▸ What you have to do
Return copies of the lines below that mention "reads".
(Beginning of Data extract)
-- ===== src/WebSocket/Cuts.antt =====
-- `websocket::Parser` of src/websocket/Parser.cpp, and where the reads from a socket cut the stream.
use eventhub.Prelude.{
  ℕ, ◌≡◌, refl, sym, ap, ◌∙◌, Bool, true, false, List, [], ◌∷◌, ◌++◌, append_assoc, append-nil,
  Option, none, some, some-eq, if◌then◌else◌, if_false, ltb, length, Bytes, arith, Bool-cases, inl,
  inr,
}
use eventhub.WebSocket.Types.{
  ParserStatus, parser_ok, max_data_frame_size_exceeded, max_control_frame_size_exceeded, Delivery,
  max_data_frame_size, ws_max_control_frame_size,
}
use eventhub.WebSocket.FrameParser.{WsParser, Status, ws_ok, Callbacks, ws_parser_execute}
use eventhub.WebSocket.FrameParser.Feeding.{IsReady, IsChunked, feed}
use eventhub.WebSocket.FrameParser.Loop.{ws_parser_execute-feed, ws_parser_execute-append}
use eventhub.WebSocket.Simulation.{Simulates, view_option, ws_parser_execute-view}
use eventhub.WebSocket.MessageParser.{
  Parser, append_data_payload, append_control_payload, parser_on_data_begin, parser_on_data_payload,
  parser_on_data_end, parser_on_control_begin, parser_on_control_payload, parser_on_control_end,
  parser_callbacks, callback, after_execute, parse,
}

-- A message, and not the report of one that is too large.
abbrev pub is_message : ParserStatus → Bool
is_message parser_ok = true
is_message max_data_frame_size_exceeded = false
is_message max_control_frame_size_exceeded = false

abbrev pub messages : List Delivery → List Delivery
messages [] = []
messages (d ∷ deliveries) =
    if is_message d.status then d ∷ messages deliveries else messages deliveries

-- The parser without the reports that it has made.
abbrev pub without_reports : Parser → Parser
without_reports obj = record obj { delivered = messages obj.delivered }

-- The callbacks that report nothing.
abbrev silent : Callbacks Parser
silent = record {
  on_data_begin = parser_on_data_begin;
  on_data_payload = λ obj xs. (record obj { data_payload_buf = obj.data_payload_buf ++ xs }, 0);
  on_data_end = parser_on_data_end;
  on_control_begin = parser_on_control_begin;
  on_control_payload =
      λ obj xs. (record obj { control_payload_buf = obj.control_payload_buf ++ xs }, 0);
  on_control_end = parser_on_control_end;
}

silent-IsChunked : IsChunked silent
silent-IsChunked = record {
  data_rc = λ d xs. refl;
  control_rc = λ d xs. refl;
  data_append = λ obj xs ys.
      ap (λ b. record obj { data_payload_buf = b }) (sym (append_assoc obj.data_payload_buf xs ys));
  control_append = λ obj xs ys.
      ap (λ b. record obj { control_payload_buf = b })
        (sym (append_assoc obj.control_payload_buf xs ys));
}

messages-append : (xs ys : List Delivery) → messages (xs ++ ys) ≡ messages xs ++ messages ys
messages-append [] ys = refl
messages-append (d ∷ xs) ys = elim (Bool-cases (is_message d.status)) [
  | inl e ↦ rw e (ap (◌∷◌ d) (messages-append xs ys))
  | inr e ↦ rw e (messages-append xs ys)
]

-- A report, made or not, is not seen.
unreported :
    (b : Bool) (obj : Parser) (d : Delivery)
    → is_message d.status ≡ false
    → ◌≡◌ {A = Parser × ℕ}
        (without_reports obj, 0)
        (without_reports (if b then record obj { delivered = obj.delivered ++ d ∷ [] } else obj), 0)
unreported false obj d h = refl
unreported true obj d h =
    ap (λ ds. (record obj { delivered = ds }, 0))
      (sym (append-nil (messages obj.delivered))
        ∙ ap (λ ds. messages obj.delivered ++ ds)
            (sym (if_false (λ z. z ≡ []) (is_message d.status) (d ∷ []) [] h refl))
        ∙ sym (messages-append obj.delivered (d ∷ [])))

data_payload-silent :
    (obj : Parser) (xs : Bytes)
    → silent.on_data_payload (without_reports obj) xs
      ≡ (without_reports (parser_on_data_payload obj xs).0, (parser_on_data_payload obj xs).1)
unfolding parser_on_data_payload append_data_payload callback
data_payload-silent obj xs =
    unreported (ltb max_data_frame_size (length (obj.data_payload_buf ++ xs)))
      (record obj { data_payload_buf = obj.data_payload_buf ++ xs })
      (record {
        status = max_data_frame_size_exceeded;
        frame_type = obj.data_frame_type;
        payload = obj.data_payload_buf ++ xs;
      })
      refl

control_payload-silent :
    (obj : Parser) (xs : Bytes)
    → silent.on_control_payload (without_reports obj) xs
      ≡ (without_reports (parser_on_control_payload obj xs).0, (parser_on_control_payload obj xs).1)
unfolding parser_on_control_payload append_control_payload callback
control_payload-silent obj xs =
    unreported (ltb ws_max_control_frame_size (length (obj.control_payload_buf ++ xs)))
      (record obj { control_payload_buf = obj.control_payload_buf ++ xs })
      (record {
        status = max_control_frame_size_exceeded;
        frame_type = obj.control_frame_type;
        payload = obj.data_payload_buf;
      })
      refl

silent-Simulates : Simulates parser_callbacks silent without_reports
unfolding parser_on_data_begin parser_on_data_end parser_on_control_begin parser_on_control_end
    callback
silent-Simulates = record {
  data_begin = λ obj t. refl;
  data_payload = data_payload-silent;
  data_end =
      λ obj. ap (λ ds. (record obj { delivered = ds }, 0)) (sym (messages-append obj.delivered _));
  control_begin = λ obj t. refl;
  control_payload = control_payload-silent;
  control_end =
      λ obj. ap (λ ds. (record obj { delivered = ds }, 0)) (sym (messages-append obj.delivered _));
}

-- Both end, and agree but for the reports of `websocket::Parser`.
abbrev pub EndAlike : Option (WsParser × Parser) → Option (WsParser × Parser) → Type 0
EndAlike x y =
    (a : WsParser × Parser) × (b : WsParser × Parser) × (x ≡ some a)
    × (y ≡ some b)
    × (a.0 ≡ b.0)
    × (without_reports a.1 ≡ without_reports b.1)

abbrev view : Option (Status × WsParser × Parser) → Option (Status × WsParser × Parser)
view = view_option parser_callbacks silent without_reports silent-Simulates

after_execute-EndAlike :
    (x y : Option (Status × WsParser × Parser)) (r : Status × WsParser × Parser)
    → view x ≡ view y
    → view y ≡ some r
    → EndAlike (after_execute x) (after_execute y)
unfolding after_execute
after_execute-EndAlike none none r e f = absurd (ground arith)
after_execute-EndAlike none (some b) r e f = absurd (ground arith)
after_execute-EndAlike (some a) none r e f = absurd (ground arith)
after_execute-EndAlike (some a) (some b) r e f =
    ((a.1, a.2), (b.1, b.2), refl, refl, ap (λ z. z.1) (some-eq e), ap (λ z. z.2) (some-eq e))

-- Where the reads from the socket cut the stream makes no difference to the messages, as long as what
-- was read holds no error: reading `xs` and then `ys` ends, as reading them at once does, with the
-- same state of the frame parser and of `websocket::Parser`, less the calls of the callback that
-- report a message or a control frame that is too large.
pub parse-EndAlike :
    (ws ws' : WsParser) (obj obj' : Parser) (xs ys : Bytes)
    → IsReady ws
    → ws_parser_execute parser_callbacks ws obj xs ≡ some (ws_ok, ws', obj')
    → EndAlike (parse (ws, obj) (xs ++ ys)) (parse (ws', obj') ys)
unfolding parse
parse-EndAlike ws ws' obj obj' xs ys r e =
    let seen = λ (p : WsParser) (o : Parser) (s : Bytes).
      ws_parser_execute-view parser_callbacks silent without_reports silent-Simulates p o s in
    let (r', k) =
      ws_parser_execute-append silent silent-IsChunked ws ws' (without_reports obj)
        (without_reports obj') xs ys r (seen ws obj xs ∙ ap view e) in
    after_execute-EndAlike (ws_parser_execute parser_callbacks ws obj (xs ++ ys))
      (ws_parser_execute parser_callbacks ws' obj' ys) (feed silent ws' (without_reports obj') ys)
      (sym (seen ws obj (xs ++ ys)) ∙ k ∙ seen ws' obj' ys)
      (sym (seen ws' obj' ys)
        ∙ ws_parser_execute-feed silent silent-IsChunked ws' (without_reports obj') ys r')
(End of Data extract)
▸ Solution to this exercise
-- `websocket::Parser` of src/websocket/Parser.cpp, and where the reads from a socket cut the stream.
-- Where the reads from the socket cut the stream makes no difference to the messages, as long as what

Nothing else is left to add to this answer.